= Lee Gi-seong =

South Korean poet (born 1966)

Lee Gi-seong (born 1966) is a South Korean poet. She was born in Seoul and earned her bachelors and master's from Ewha Womans University in Korean Literature. She is currently working as a lecturer at her alma mater. She is praised as a modernist poet who uniquely expresses the inner anxiety of modern society. She received the Hyundae Literary Award in 2015.

==Education==
She received a doctorate degree for her paper on modernist poetry, and her own poetry is also described as belonging to modernism.

== Life ==
Lee's career started in 1998 when she published the poems "Jihado ipgu-eseo" (지하도 입구에서 At the Entrance of the Underground Passage), "Uponeup" (우포늪 Upo Marsh), and "Amudo boji mot-han punggyeong" (아무도 보지 못한 풍경 A Scene Nobody Has Seen) in Literature and Society, as well as a critical essay in 2001 in 21st Century Literature. Currently, she is a lecturer at Ewha Womans University. She has published poetry collections Bulssuk naemin son (불쑥 내민 손 Suddenly Given Hand), and Ta-ileu modeun gut (타일의 모든 것 Everything About Tiles). Her poetry was also published in the poetry journal Po&sie's special issue on Korean poets.

== Writing ==
From the time of her debut, Lee Gi-seong was praised as 'a poet that had carved out a territory of her own with thoroughly detailed description of the ruinous aspect of life'. As such, she dramatically transcribes the tragic parts of life. She persistently captures the scenes of devastation in life, and describes them in her own language. This gives her work a fantastical, yet ordinary feeling. Kim Sa-in has stated that she has a perspective on life that 'doesn't lose social acuteness, but also doesn't allow excessive passion to overrun her poetry, that she does not take lightly the individuality of her own voice and creative methods while still following her era, and that she maintains decency while possessing anger and sadness'.

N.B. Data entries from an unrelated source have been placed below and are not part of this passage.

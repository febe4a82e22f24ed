-- ===== src/Ledger/Package/Sound.antt =====
-- Which packages are accepted (package.go, `VerifyPackage`).
use vigia.Prelude.{
  ◌≡◌, refl, ap, ◌∙◌, inl, inr, true, false, not, Option, none, some, arith, ◌==◌, if◌then◌else◌,
  Bool-cases,
}
use vigia.Time.{Time}
use vigia.Ledger.Encoding.{Text}
use vigia.Ledger.Digest.{Sha256}
use vigia.Ledger.Record.{Body, canonical_of, hash_of, hash_text, is_valid_prev_hash}
use vigia.Ledger.Chain.{
  Text_comparable, text_equal_iff, BreakReason, VerifyResult, verified, compare_hash,
}
use vigia.Ledger.Chain.Intact.{is_ok, hash_of-valid}
use vigia.Ledger.Inputs.{compute_inputs_digest}
use vigia.Ledger.Package.{Package, package_body, mismatch, check_hash, verify_package}

-- The blocks of a package agree, its results have the digest of its record, and its record has the hash
-- of what it says.
pub record IsSound (sha : Sha256) (parse : Text → Option Time) (pkg : Package) : Type 0 where
  pub evaluation_id : pkg.evaluation.id ≡ pkg.proof.evaluation_id
  pub evaluation_outcome : pkg.evaluation.overall_outcome ≡ pkg.proof.overall_outcome
  pub evaluation_bundle : pkg.evaluation.policy_bundle_version ≡ pkg.proof.policy_bundle_version
  pub interaction_id : pkg.interaction.id ≡ pkg.proof.interaction_event_id
  pub interaction_tenant : pkg.interaction.tenant_id ≡ pkg.proof.tenant_id
  pub inputs_digest : compute_inputs_digest sha pkg.detector_results ≡ pkg.proof.inputs_digest
  pub created_at : Time
  pub parsed : parse pkg.proof.created_at ≡ some created_at
  pub valid : is_valid_prev_hash pkg.proof.prev_hash ≡ true
  pub hashed :
      hash_text sha pkg.proof.prev_hash (canonical_of (package_body pkg.proof created_at))
      ≡ pkg.proof.hash

module _ (sha : Sha256) (parse : Text → Option Time) where
  -- A guard that reports a mismatch is passed by an accepted package.
  guard_passed :
      (s t : Text) (pkg : Package) (reason : BreakReason) (rest : Option VerifyResult)
      → is_ok sha (if not (s == t) then some (mismatch pkg reason) else rest) ≡ true
      → (s ≡ t) × (is_ok sha rest ≡ true)
  guard_passed s t pkg reason rest h = ground (arith, text_equal_iff s t)

  guard_skipped :
      (s t : Text) (pkg : Package) (reason : BreakReason) (rest : Option VerifyResult)
      → s ≡ t
      → (if not (s == t) then some (mismatch pkg reason) else rest) ≡ rest
  guard_skipped s t pkg reason rest h = rw ((text_equal_iff s t).1 h) refl

  -- The comparison behind the guard on the previous hash.
  abbrev compared : Text → Text → Body → VerifyResult → VerifyResult → Option VerifyResult
  compared prev hash b invalid differs =
      if not (is_valid_prev_hash prev)
      then some invalid
      else compare_hash (hash_of sha prev b) hash differs (some (verified 1))

  compared-accepts :
      (prev hash : Text) (b : Body) (invalid differs : VerifyResult)
      → is_valid_prev_hash prev ≡ true
      → hash_text sha prev (canonical_of b) ≡ hash
      → compared prev hash b invalid differs ≡ some (verified 1)
  unfolding compare_hash
  compared-accepts prev hash b invalid differs valid hashed =
      rw (valid, hash_of-valid sha prev b valid, (text_equal_iff _ _).1 hashed) refl

  compared-passed :
      (prev hash : Text) (b : Body) (invalid differs : VerifyResult)
      → invalid.intact ≡ false
      → differs.intact ≡ false
      → is_ok sha (compared prev hash b invalid differs) ≡ true
      → (is_valid_prev_hash prev ≡ true) × (hash_text sha prev (canonical_of b) ≡ hash)
  unfolding compare_hash
  compared-passed prev hash b invalid differs no_pass no_match h =
      elim (Bool-cases (is_valid_prev_hash prev)) [
        | inr bad ↦ absurd (ground (arith, bad, h, no_pass))
        | inl valid ↦
            let opened = hash_of-valid sha prev b valid in
            (
              valid,
              ground (
                arith,
                opened,
                h,
                valid,
                no_match,
                text_equal_iff (hash_text sha prev (canonical_of b)) hash,
              ),
            )
      ]

  check_hash-passed :
      (pkg : Package) (o : Option Time)
      → is_ok sha (check_hash sha parse pkg o) ≡ true
      → (at : Time) × (o ≡ some at)
        × (is_valid_prev_hash pkg.proof.prev_hash ≡ true)
        × (hash_text sha pkg.proof.prev_hash (canonical_of (package_body pkg.proof at))
            ≡ pkg.proof.hash)
  unfolding check_hash
  check_hash-passed pkg none h = absurd (cc)
  check_hash-passed pkg (some at) h =
      let (valid, hashed) =
        compared-passed pkg.proof.prev_hash pkg.proof.hash (package_body pkg.proof at)
          (mismatch pkg BreakReason.invalid_prev_hash) (mismatch pkg BreakReason.hash_mismatch) refl
          refl h in
      (at, refl, valid, hashed)

  check_hash-accepts :
      (pkg : Package) (at : Time)
      → is_valid_prev_hash pkg.proof.prev_hash ≡ true
      → hash_text sha pkg.proof.prev_hash (canonical_of (package_body pkg.proof at))
        ≡ pkg.proof.hash
      → check_hash sha parse pkg (some at) ≡ some (verified 1)
  unfolding check_hash
  check_hash-accepts pkg at valid hashed =
      compared-accepts pkg.proof.prev_hash pkg.proof.hash (package_body pkg.proof at)
        (mismatch pkg BreakReason.invalid_prev_hash) (mismatch pkg BreakReason.hash_mismatch) valid
        hashed

  pub verify_package-IsSound :
      (pkg : Package) → is_ok sha (verify_package sha parse pkg) ≡ true → IsSound sha parse pkg
  unfolding verify_package
  verify_package-IsSound pkg h =
      let p = pkg.proof in
      let (id, h1) = guard_passed pkg.evaluation.id p.evaluation_id pkg _ _ h in
      let (outcome, h2) =
        guard_passed pkg.evaluation.overall_outcome p.overall_outcome pkg _ _ h1 in
      let (bundle, h3) =
        guard_passed pkg.evaluation.policy_bundle_version p.policy_bundle_version pkg _ _ h2 in
      let (interaction, h4) = guard_passed pkg.interaction.id p.interaction_event_id pkg _ _ h3 in
      let (tenant, h5) = guard_passed pkg.interaction.tenant_id p.tenant_id pkg _ _ h4 in
      let (digest, h6) =
        guard_passed (compute_inputs_digest sha pkg.detector_results) p.inputs_digest pkg _ _ h5 in
      let (at, parsed, valid, hashed) = check_hash-passed pkg (parse p.created_at) h6 in
      record {
        evaluation_id = id;
        evaluation_outcome = outcome;
        evaluation_bundle = bundle;
        interaction_id = interaction;
        interaction_tenant = tenant;
        inputs_digest = digest;
        created_at = at;
        parsed = parsed;
        valid = valid;
        hashed = hashed;
      }

  -- A sound package is accepted.
  pub IsSound-accepted :
      (pkg : Package) → IsSound sha parse pkg → verify_package sha parse pkg ≡ some (verified 1)
  unfolding verify_package
  IsSound-accepted pkg s =
      guard_skipped _ _ pkg _ _ s.evaluation_id
      ∙ guard_skipped _ _ pkg _ _ s.evaluation_outcome
      ∙ guard_skipped _ _ pkg _ _ s.evaluation_bundle
      ∙ guard_skipped _ _ pkg _ _ s.interaction_id
      ∙ guard_skipped _ _ pkg _ _ s.interaction_tenant
      ∙ guard_skipped _ _ pkg _ _ s.inputs_digest
      ∙ ap (check_hash sha parse pkg) s.parsed
      ∙ check_hash-accepts pkg s.created_at s.valid s.hashed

In her first poetry collection Bulssuk naemin son (불쑥 내민 손; Suddenly Given Hand), published in 2004, is a detailed record of life in a city marred by death and corruption. Also, this collection has painfully depicted the process of how a modern person becomes aware of the uncomfortable discord, loneliness, and desolation that unexpectedly arise from everyday life.

From then on, Lee Gi-seong has often used the method distorting her perspective on the objective world. Her second poetry collection, Ta-ileu modeun gut (타일의 모든 것; Everything About Tiles), has developed such aspect of her poetry. Here, despite the poet having 'unpleasant passion' for facing against the gray reality, rather than literally describing that, she reveals her 'reckless courage' for finding another way.

Recently, with a more mature perspective, the poet describes the life of a modern person that lives as an anonymous being. In her poetry, those that are left in want show emotions such as depression, sadness, grief, and lethargy. However, she does not only mire in futility, but rather attempts to overcome such emotions through self-reflection and action. By reminding herself of the vitality of 'language' and 'poetry' in a corrupt world, she is exploring the possibility of new poetic potential.

==Awards and honours==
She was awarded the Hyundae Literary Award in 2015 for Gul sonyeonui norae (굴 소년의 노래 The Oyster Boy's Song).

== Works ==

=== Poetry collections ===
- Bulssuk naemin son (불쑥 내민 손; Suddenly Given Hand), Munhakgwajiseongsa, 2004.
- Ta-ileu modeun gut (타일의 모든 것; Everything About Tiles), Munhakgwajiseongsa, 2010.
- Chaesikju-uijaui siktak (채식주의자의 식탁; The Table of a Vegetarian), Munhakgwajiseongsa, 2015.

=== Critical essays ===
- Modeonijeumui simyeoneul geonneoneun sijeok yeojeong (모더니즘의 심연을 건너는 시적 여정; A Poetic Journey Across Modernism's Inner Side), Somyeongchulpan, 2006.
- Uri, yukwaehan sajeonkkundeul (우리, 유쾌한 사전꾼들; We, the Happy Counterfeiters), Somyeongchulpan, 2009
- Baekji wiui son (백지 위의 손; The Hand Above the Blank Paper), Kepoibooks, 2015.